For proba-normalization:
python outdet.py data/synthetic_data/ proba
It will generate scores ([scores/proba]) and summaries (performances/perf_proba.csv) for probability (Gaussian) normalization.
Repeat the process for real datasets with:
python outdet.py data/real_data/ minmax
python outdet.py data/real_data/ proba
Warning! When running scripts, information saved in performance files is appended (not rewritten).
To extract S-curves and dynamic measurements:
python compare_scores_group.py data/synthetic_data scores/minmax minmax
python compare_scores_group.py data/synthetic_data scores/proba proba
python compare_scores_group.py data/real_data scores/minmax minmax
python compare_scores_group.py data/real_data scores/proba minmax
This will generate plots with S-curves in folders: [plots/minmax/S-curves] and [plots/proba/S-curves], also the files performances/dynamic_minmax.csv and performances/dynamic_proba.csv files. Note that the compare_scores_group.py script matches the right dataset and file-with-scores by matching file-names.
Warning! When running scripts, information saved in performance files is appended (not rewritten).
To extract Perini's metrics (Stability & Confidence):
python perini_tests.py data/synthetic_data minmax
python perini_tests.py data/synthetic_data proba
python perini_tests.py data/real_data minmax
python perini_tests.py data/real_data proba
This will create the files: performances/peri_stab_minmax.csv and performances/peri_stab_proba.csv for the Stability measurement, and performances/peri_conf_minmax.csv and performances/peri_conf_proba.csv for the Confidence measurement.
Note that Perini's Confidence is defined element-wise. To obtain a Confidence value per solution we use the 1% quantile.
Warning!! This step can take considerable time in a desktop computer (some days).
Warning!! When running scripts, information saved in performance files is appended (not rewritten).
Original scripts are obtained from the repositories:
-
Confidence [1]: https://github.com/Lorenzo-Perini/Confidence_AD
-
Stability [2]: https://github.com/Lorenzo-Perini/StabilityRankings_AD
[1] Perini, L., Vercruyssen, V., Davis, J.: Quantifying the confidence of anomaly detectors in their example-wise predictions. In: The European Conference on Machine Learning and Principles and Practice of Knowledge Discovery in Databases. Springer Verlag (2020).

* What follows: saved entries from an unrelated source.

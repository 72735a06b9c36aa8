-- ===== src/Session/Handler/Valid.antt =====
-- What stays true of the handler of src/core/session/handler.rs over its operations.
use oxigeon.Base.{
  suc, Option, none, some, ap, ◌∙◌, ◌≡◌, false, refl, ℕ, ◌≤◌, Bool, true, List, [], ◌∷◌,
  if◌then◌else◌, Bytes, length, arith,
}
use oxigeon.Session.{
  text, sent, full, closed, notice_sent, counted, flush_drop_notice, try_send, SessionState,
  playing, SessionOutput, Sent, Session,
}
use oxigeon.Session.Handler.{
  has, find, broadcast, broadcast_each, send_to, MultisessionMode, SessionHandler, granted,
  state_named, new, modify, connect, disconnect, remaining, login, authenticate, enter_game,
  set_permissions, set_state_by_name,
}
use oxigeon.Session.Handler.Policy.{
  IsDistinct, IsValid, remove-IsDistinct, has-remove_same, length-remove, remaining-IsDistinct,
  length-remaining, modify-IsDistinct, length-modify,
}

pub data Operation (C : Type 0) : Type 0 where
  connects : Session C → Operation C
  disconnects : ℕ → Operation C
  logs_in : ℕ → ℕ → Operation C
  enters : ℕ → ℕ → ℕ → List Bytes → Bool → Operation C
  is_permitted : ℕ → List Bytes → Bool → Operation C
  is_set : ℕ → Bytes → Operation C
  broadcasts : Bytes → Operation C
  sends : ℕ → Bytes → Operation C

module _ {C : Type 0} where
  modify-IsValid :
      (id : ℕ) (f : Session C → Session C) (h : SessionHandler C)
      → ((s : Session C) → (f s).id ≡ s.id)
      → IsValid h
      → IsValid (record h { sessions = modify id f h.sessions })
  modify-IsValid id f h k v =
      (modify-IsDistinct id f k h.sessions v.0, omega (arith, length-modify id f k h.sessions))

  connect-IsValid : (s : Session C) (h : SessionHandler C) → IsValid h → IsValid (connect s h).0
  unfolding connect
  connect-IsValid s h v = ground (
    arith,
    v.0,
    v.1,
    remove-IsDistinct s.id h.sessions v.0,
    has-remove_same s.id h.sessions,
    length-remove s.id h.sessions,
  )

  IsValid-if :
      (b : Bool) (x y : SessionHandler C) → IsValid x → IsValid y → IsValid (if b then x else y)
  IsValid-if true x y p q = p
  IsValid-if false x y p q = q

module _ {C : Type 0} (send : SessionOutput → C → C × Sent) (marker : Bytes) where
  unfoldable pub step : Operation C → SessionHandler C → SessionHandler C
  unfolding connect disconnect authenticate enter_game set_permissions set_state_by_name broadcast
      send_to
  step (connects s) h = (connect s h).0
  step (disconnects id) h = (disconnect id h).0
  step (logs_in id account) h = (authenticate send marker id account h).0
  step (enters id a c ps admin) h = (enter_game id a c ps admin h).0
  step (is_permitted id ps admin) h = (set_permissions id ps admin h).0
  step (is_set id name) h = (set_state_by_name id name h).0
  step (broadcasts message) h = (broadcast send marker message h).0
  step (sends id message) h = (send_to send marker id message h).0

  unfoldable pub run : List (Operation C) → SessionHandler C → SessionHandler C
  unfolding step
  run [] h = h
  run (o ∷ os) h = run os (step o h)

  authenticate-IsValid :
      (id account : ℕ) (h : SessionHandler C)
      → IsValid h
      → IsValid (authenticate send marker id account h).0
  unfolding authenticate
  authenticate-IsValid id account h v =
      let k = modify-IsValid id (login account) h (λ s. refl) v in
      let single =
        modify-IsValid id (login account) (record h { sessions = remaining id account h.sessions })
          (λ s. refl)
          (
            remaining-IsDistinct id account h.sessions v.0,
            omega (arith, length-remaining id account h.sessions),
          ) in
      ground (arith, k, single, v)

  set_state_by_name-IsValid :
      (id : ℕ) (name : Bytes) (h : SessionHandler C)
      → IsValid h
      → IsValid (set_state_by_name id name h).0
  unfolding set_state_by_name
  set_state_by_name-IsValid id name h v = go (state_named name) refl
    where
      go :
          (o : Option SessionState) → state_named name ≡ o → IsValid (set_state_by_name id name h).0
      go none q = ground (arith, v)
      go (some state) q =
          ground (arith, v, modify-IsValid id (λ s. record s { state = state }) h (λ s. refl) v)

  notice_sent-id : (s : Session C) (r : C × Sent) → (notice_sent send marker s r).id ≡ s.id
  notice_sent-id s (c, sent) = refl
  notice_sent-id s (c, full) = refl
  notice_sent-id s (c, closed) = refl

  counted-id : (s : Session C) (r : C × Sent) → (counted send marker s r).0.id ≡ s.id
  counted-id s (c, sent) = refl
  counted-id s (c, full) = refl
  counted-id s (c, closed) = refl

  flush-id : (s : Session C) → (flush_drop_notice send marker s).id ≡ s.id
  unfolding flush_drop_notice
  flush-id s = ground (arith, notice_sent-id s (send (text marker) s.output_tx))

  try_send-id : (o : SessionOutput) (s : Session C) → (try_send send marker o s).0.id ≡ s.id
  unfolding try_send
  try_send-id o s =
      let s' = flush_drop_notice send marker s in counted-id s' (send o s'.output_tx) ∙ flush-id s

  has-broadcast_each :
      (i : ℕ) (o : SessionOutput) (ss : List (Session C))
      → has i (broadcast_each send marker o ss).0 ≡ has i ss
  unfolding broadcast_each
  has-broadcast_each i o [] = refl
  has-broadcast_each i o (s ∷ ss) = ground (arith, has-broadcast_each i o ss, try_send-id o s)

  broadcast_each-IsDistinct :
      (o : SessionOutput) (ss : List (Session C))
      → IsDistinct ss
      → IsDistinct (broadcast_each send marker o ss).0
        × (length (broadcast_each send marker o ss).0 ≡ length ss)
  unfolding broadcast_each
  broadcast_each-IsDistinct o [] d = (tt, refl)
  broadcast_each-IsDistinct o (s ∷ ss) d =
      let r = broadcast_each-IsDistinct o ss d.1 in
      let e : has (try_send send marker o s).0.id (broadcast_each send marker o ss).0 ≡ false =
        has-broadcast_each _ o ss ∙ ap (λ i. has i ss) (try_send-id o s) ∙ d.0 in
      ((e, r.0), ap suc r.1)

  broadcast-IsValid :
      (message : Bytes) (h : SessionHandler C)
      → IsValid h
      → IsValid (broadcast send marker message h).0
  unfolding broadcast
  broadcast-IsValid message h v =
      let r = broadcast_each-IsDistinct (text message) h.sessions v.0 in (r.0, omega (arith, r.1))

  send_to-IsValid :
      (id : ℕ) (message : Bytes) (h : SessionHandler C)
      → IsValid h
      → IsValid (send_to send marker id message h).0
  unfolding send_to
  send_to-IsValid id message h v = go (find id h.sessions) refl
    where
      go :
          (o : Option (Session C))
          → find id h.sessions ≡ o
          → IsValid (send_to send marker id message h).0
      go none q = rw (q, send_to) v
      go (some s) q =
          rw (q, send_to)
            (modify-IsValid id (λ s. (try_send send marker (text message) s).0) h
              (try_send-id (text message)) v)

  step-IsValid : (o : Operation C) (h : SessionHandler C) → IsValid h → IsValid (step o h)
  unfolding step
  step-IsValid (connects s) h v = connect-IsValid s h v
  step-IsValid (disconnects id) h v =
      (remove-IsDistinct id h.sessions v.0, omega (arith, length-remove id h.sessions))
  step-IsValid (logs_in id account) h v = authenticate-IsValid id account h v
  step-IsValid (enters id a c ps admin) h v = ground (
    arith,
    v,
    modify-IsValid id (λ s. record s { state = playing a c; permissions = granted ps admin }) h
        (λ s. refl) v,
  )
  step-IsValid (is_permitted id ps admin) h v = ground (
    arith,
    v,
    modify-IsValid id (λ s. record s { permissions = granted ps admin }) h (λ s. refl) v,
  )
  step-IsValid (is_set id name) h v = set_state_by_name-IsValid id name h v
  step-IsValid (broadcasts message) h v = broadcast-IsValid message h v
  step-IsValid (sends id message) h v = send_to-IsValid id message h v

  run-step : (os : List (Operation C)) (h : SessionHandler C) → IsValid h → IsValid (run os h)
  unfolding run
  run-step [] h v = v
  run-step (o ∷ os) h v = run-step os (step o h) (step-IsValid o h v)

  -- Over any operations on a new handler, no identifier is registered twice, and there are never
  -- more sessions than `max_connections`.
  pub run-IsValid :
      (mode : MultisessionMode) (max : ℕ) (os : List (Operation C))
      → IsDistinct (run os (new mode max)).sessions
        × (length (run os (new mode max)).sessions ≤ (run os (new mode max)).max_connections)
  unfolding new
  run-IsValid mode max os = run-step os (new mode max) (tt, omega arith)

[2] Perini, L., Galvin, C., Vercruyssen, V.: A Ranking Stability Measure for Quantifying the Robustness of Anomaly Detection Methods. In: 2nd Workshop on Evaluation and Experimental Design in Data Mining and Machine Learning @ ECML/PKDD (2020).
To merge all dynamic and accuracy indices in a single file (for accuracty we only keep ROC and AAP), run:
python merge_indices.py performances/dynamic_minmax.csv performances/perf_minmax.csv performances/peri_stab_minmax.csv performances/peri_conf_minmax.csv minmax
python merge_indices.py performances/dynamic_proba.csv performances/perf_proba.csv performances/peri_stab_proba.csv performances/peri_conf_proba.csv proba
Generated outputs are performances/all_minmax.csv and performances/all_proba.csv.

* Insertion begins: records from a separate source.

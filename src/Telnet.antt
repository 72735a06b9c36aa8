-- ===== src/Telnet.antt =====
-- src/core/network/telnet: the telnet transport.
pub mod Constants
pub mod Parser
pub mod Codec
pub mod Option
pub mod Mxp
pub mod Capabilities
pub mod Relay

To generate scatter plots comparing measurements and algorithms, run:
python scatterplots.py performances/all_minmax.csv minmax
python scatterplots.py performances/all_proba.csv proba
Additional plots will be generated in the [plots/minmax/performance] and [plots/proba/performance] folders.

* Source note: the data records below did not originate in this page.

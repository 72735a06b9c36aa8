-- ===== src/Telnet/Codec/RoundTrip.antt =====
-- Line ends and GMCP payloads of codec.rs, read back.
use oxigeon.Base.{true, [], ◌∷◌, ◌++◌, Option, none, some, ◌≡◌, ◌≢◌, refl, arith, Bytes, All}
use oxigeon.Base.Utf8.{is_utf8, from_utf8_lossy-is_utf8}
use oxigeon.Telnet.Constants.{iac, cr, nul}
use oxigeon.Telnet.Codec.{encode_text, decode_line, gmcp_payload, split_space, parse_gmcp}

-- Nowhere does NUL follow CR.
abbrev pub NoCrNul : Bytes → Type 0
NoCrNul [] = Unit {0}
NoCrNul (b ∷ []) = Unit {0}
NoCrNul (b ∷ c ∷ bs) = (b ≡ cr → c ≢ nul) × NoCrNul (c ∷ bs)

-- Text without IAC and without CR NUL comes back from its line ends as it was.
pub decode_line-encode_text :
    (t : Bytes) → All (λ b. b ≢ iac) t → NoCrNul t → decode_line (encode_text t) ≡ t
unfolding decode_line encode_text
decode_line-encode_text [] a n = refl
decode_line-encode_text (b ∷ []) a n = ground arith
decode_line-encode_text (b ∷ c ∷ bs) a n = ground (arith, decode_line-encode_text (c ∷ bs) a.1 n.1)

split_space-append :
    (pack json : Bytes)
    → All (λ b. b ≢ b' ') pack
    → split_space (pack ++ b' ' ∷ json) ≡ (pack, some json)
split_space-append [] json h = refl
split_space-append (b ∷ pack) json h = ground (arith, split_space-append pack json)

split_space-none : (pack : Bytes) → All (λ b. b ≢ b' ') pack → split_space pack ≡ (pack, none)
split_space-none [] h = refl
split_space-none (b ∷ pack) h = ground (arith, split_space-none pack)

-- A GMCP payload is taken apart into the package and the JSON it was made of: the package has no
-- space, the JSON, if there is any, is not empty, and both are UTF-8.
parse_gmcp-gmcp_payload :
    (pack : Bytes) (json : Option Bytes)
    → All (λ b. b ≢ b' ') pack
    → is_utf8 pack ≡ true
    → json ≢ some []
    → ((j : Bytes) → json ≡ some j → is_utf8 j ≡ true)
    → parse_gmcp (gmcp_payload pack json) ≡ some (pack, json)
unfolding parse_gmcp
parse_gmcp-gmcp_payload pack none sp up ne uj =
    ground (arith, split_space-none pack, from_utf8_lossy-is_utf8 pack)
parse_gmcp-gmcp_payload pack (some []) sp up ne uj = absurd (ne refl)
parse_gmcp-gmcp_payload pack (some (b ∷ j)) sp up ne uj = ground (
  arith,
  split_space-append pack (b ∷ j),
  from_utf8_lossy-is_utf8 pack,
  from_utf8_lossy-is_utf8 (b ∷ j),
  uj (b ∷ j),
)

To create a table in .TEX format (performances/perf_table.tex) with an overall comparison, run:
python latex_table.py performances/all_minmax.csv performances/all_proba.csv performances/perf_table.tex
Correlation plots (plots/corr_lin.pdf and plots/corr_gaus.pdf) are generated with:
python metric_corr.py performances/all_minmax.csv performances/all_proba.csv plots/
The file performances.zip contains tables with summary results obtained from conducting all previous steps.